TASK PROMPT: A single figure is required: the number of lines below in which the word "later" occurs.

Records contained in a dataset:

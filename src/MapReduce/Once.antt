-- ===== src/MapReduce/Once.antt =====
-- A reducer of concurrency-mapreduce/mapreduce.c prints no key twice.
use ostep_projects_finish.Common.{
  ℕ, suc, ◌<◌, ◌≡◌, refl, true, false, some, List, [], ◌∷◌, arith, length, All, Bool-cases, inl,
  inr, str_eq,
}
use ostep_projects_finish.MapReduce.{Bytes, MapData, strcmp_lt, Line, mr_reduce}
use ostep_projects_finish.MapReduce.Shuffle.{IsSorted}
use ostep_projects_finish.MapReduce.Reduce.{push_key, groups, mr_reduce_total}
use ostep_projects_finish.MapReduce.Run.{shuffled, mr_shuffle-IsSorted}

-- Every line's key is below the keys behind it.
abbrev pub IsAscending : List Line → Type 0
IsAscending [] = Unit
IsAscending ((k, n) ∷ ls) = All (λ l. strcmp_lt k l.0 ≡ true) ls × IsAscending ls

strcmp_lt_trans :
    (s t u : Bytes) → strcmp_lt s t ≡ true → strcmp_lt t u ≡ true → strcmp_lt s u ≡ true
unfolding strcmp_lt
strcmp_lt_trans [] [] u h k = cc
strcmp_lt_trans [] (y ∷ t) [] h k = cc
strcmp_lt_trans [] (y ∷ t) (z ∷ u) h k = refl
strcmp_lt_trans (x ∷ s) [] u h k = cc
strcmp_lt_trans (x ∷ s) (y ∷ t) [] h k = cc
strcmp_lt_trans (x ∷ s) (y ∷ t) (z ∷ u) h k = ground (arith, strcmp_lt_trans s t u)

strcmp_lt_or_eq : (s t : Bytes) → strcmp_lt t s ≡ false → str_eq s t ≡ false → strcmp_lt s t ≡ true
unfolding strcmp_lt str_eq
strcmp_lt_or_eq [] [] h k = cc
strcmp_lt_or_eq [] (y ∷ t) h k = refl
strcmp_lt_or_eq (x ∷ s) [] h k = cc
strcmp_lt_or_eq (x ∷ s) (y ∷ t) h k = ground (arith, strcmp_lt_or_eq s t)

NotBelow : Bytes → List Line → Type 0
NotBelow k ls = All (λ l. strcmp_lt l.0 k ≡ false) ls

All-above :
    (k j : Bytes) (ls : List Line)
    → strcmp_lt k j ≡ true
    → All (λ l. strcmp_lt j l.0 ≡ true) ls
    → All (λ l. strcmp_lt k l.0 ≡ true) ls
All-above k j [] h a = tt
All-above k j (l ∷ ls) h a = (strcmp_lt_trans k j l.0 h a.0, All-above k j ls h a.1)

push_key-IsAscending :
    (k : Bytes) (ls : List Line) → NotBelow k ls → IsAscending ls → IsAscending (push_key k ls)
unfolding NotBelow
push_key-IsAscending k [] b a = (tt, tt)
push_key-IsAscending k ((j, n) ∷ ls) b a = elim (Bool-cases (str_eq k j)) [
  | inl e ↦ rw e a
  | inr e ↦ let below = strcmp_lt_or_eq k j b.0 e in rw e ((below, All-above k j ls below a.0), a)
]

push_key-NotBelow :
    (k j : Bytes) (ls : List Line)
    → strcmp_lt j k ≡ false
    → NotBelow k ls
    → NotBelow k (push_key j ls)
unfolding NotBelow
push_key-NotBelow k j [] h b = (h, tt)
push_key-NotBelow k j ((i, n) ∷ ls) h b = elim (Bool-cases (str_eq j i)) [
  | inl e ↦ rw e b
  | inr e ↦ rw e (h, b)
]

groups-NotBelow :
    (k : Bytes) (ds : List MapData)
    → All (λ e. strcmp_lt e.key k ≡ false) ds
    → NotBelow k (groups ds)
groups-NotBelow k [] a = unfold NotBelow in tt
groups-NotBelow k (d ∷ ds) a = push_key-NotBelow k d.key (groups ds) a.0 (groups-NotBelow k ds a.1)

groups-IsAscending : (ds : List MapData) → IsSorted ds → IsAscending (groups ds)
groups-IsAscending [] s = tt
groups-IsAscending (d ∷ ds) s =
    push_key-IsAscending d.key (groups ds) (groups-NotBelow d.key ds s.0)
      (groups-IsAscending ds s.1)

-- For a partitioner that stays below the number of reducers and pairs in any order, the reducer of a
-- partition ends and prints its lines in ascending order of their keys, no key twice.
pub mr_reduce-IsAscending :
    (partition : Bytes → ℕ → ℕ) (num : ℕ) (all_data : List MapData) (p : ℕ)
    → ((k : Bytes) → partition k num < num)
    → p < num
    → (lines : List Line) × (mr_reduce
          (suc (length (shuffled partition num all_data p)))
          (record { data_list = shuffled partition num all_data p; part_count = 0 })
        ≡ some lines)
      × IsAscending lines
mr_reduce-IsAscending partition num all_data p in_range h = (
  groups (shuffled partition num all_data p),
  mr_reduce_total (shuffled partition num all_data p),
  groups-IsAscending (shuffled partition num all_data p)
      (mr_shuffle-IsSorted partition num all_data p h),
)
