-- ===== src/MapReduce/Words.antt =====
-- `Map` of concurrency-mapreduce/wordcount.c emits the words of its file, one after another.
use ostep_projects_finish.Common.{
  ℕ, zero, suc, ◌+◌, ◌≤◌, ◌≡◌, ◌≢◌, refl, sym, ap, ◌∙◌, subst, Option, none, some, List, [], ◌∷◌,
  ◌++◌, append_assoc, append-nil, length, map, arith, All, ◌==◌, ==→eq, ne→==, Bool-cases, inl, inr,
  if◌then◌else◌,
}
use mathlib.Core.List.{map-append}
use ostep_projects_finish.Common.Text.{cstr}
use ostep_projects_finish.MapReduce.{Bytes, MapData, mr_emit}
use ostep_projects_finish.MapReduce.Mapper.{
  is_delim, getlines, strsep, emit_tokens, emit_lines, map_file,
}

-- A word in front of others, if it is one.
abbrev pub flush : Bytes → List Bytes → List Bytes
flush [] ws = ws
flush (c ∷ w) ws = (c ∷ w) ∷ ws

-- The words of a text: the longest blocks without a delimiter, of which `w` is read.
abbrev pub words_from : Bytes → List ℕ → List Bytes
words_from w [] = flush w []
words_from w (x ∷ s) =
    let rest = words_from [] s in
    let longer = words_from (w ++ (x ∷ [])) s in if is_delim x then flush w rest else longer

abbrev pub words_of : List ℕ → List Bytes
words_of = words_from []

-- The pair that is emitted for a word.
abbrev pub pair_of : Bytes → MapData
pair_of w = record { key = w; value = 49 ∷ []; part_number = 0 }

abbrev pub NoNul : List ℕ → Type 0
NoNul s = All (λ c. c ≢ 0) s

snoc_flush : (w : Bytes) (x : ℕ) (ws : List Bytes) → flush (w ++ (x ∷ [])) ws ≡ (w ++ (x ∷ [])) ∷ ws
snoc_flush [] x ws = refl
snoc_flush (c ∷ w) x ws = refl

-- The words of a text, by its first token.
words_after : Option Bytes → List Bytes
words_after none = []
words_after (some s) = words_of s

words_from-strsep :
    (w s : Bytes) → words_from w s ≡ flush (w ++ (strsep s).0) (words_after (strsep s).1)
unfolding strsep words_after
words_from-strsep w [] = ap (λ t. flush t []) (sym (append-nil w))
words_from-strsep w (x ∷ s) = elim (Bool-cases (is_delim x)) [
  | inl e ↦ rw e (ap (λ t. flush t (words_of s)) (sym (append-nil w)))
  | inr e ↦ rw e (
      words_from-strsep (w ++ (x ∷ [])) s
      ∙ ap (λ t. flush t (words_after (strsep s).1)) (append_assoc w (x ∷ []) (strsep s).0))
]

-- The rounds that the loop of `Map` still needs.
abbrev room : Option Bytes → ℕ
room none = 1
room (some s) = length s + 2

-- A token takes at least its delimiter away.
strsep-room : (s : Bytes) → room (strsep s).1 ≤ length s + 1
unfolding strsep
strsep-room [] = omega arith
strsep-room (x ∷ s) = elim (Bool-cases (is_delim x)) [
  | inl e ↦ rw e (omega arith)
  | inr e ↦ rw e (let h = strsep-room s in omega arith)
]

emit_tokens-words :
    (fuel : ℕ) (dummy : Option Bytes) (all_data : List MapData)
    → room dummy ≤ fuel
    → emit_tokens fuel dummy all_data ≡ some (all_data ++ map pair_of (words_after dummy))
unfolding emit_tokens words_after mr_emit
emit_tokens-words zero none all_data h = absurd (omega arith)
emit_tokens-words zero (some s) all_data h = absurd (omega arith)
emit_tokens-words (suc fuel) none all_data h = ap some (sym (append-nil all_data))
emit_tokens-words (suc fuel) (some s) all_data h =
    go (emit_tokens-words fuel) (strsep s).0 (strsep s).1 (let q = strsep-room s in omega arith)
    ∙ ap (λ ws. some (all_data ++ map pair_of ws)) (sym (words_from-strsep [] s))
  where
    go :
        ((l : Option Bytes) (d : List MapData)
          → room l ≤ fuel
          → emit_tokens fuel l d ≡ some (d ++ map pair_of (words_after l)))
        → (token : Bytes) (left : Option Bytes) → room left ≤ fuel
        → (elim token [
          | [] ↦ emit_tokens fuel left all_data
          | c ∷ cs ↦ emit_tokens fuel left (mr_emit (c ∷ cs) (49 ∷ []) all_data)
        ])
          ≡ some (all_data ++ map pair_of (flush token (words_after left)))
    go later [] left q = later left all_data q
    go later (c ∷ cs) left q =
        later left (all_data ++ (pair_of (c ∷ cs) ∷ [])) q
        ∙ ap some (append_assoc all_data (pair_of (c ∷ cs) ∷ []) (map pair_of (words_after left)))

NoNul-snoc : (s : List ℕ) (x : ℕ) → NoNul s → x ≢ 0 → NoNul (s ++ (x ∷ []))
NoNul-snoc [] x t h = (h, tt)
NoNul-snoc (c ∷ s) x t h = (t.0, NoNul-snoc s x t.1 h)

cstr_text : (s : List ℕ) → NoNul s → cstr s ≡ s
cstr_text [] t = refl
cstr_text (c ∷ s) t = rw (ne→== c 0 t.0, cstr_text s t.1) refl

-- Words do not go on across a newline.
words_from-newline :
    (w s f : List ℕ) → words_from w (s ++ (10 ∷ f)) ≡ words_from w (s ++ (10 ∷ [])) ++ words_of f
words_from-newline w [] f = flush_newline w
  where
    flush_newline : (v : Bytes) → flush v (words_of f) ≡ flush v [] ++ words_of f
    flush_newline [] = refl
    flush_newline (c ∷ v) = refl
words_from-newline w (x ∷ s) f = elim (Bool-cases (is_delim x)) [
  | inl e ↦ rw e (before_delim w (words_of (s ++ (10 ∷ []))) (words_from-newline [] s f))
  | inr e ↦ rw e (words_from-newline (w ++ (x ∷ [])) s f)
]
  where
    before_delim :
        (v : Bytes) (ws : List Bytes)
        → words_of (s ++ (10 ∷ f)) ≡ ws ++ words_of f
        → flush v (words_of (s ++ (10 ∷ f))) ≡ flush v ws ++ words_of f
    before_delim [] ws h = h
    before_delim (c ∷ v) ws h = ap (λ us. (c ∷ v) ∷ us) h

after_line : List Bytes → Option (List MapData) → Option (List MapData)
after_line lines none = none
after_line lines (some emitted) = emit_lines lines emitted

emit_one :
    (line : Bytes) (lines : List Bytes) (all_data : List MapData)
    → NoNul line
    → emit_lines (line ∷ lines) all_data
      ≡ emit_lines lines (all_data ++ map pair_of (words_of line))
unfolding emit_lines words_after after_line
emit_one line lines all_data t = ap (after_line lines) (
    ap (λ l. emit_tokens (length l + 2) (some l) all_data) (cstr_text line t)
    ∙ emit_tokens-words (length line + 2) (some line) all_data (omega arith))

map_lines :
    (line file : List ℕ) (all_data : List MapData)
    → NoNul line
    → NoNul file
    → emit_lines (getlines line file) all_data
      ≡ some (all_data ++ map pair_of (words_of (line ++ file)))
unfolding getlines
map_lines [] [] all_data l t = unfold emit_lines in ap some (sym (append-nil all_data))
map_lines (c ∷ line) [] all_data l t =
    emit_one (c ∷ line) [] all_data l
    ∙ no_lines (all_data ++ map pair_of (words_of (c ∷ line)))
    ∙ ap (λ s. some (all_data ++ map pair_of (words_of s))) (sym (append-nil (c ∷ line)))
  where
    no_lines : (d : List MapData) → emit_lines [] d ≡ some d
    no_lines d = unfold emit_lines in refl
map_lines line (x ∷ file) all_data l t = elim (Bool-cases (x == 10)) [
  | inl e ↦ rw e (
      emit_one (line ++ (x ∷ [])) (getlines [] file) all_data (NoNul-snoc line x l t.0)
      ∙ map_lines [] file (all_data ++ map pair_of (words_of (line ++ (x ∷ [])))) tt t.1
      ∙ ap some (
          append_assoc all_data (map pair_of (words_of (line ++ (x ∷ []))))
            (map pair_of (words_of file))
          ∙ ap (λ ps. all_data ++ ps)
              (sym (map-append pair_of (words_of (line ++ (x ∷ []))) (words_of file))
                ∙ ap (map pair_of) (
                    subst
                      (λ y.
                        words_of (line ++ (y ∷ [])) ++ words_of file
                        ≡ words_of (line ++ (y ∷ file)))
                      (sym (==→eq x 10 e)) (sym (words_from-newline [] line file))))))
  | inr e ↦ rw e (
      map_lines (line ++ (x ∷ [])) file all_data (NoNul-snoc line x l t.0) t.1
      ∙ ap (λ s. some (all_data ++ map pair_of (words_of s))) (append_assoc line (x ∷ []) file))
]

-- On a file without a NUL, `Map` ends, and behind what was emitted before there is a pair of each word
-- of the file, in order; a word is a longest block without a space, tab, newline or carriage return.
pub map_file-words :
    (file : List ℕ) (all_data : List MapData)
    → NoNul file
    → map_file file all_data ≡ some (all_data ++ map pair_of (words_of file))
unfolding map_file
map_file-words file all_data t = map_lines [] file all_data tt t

TASK SOLUTION: 3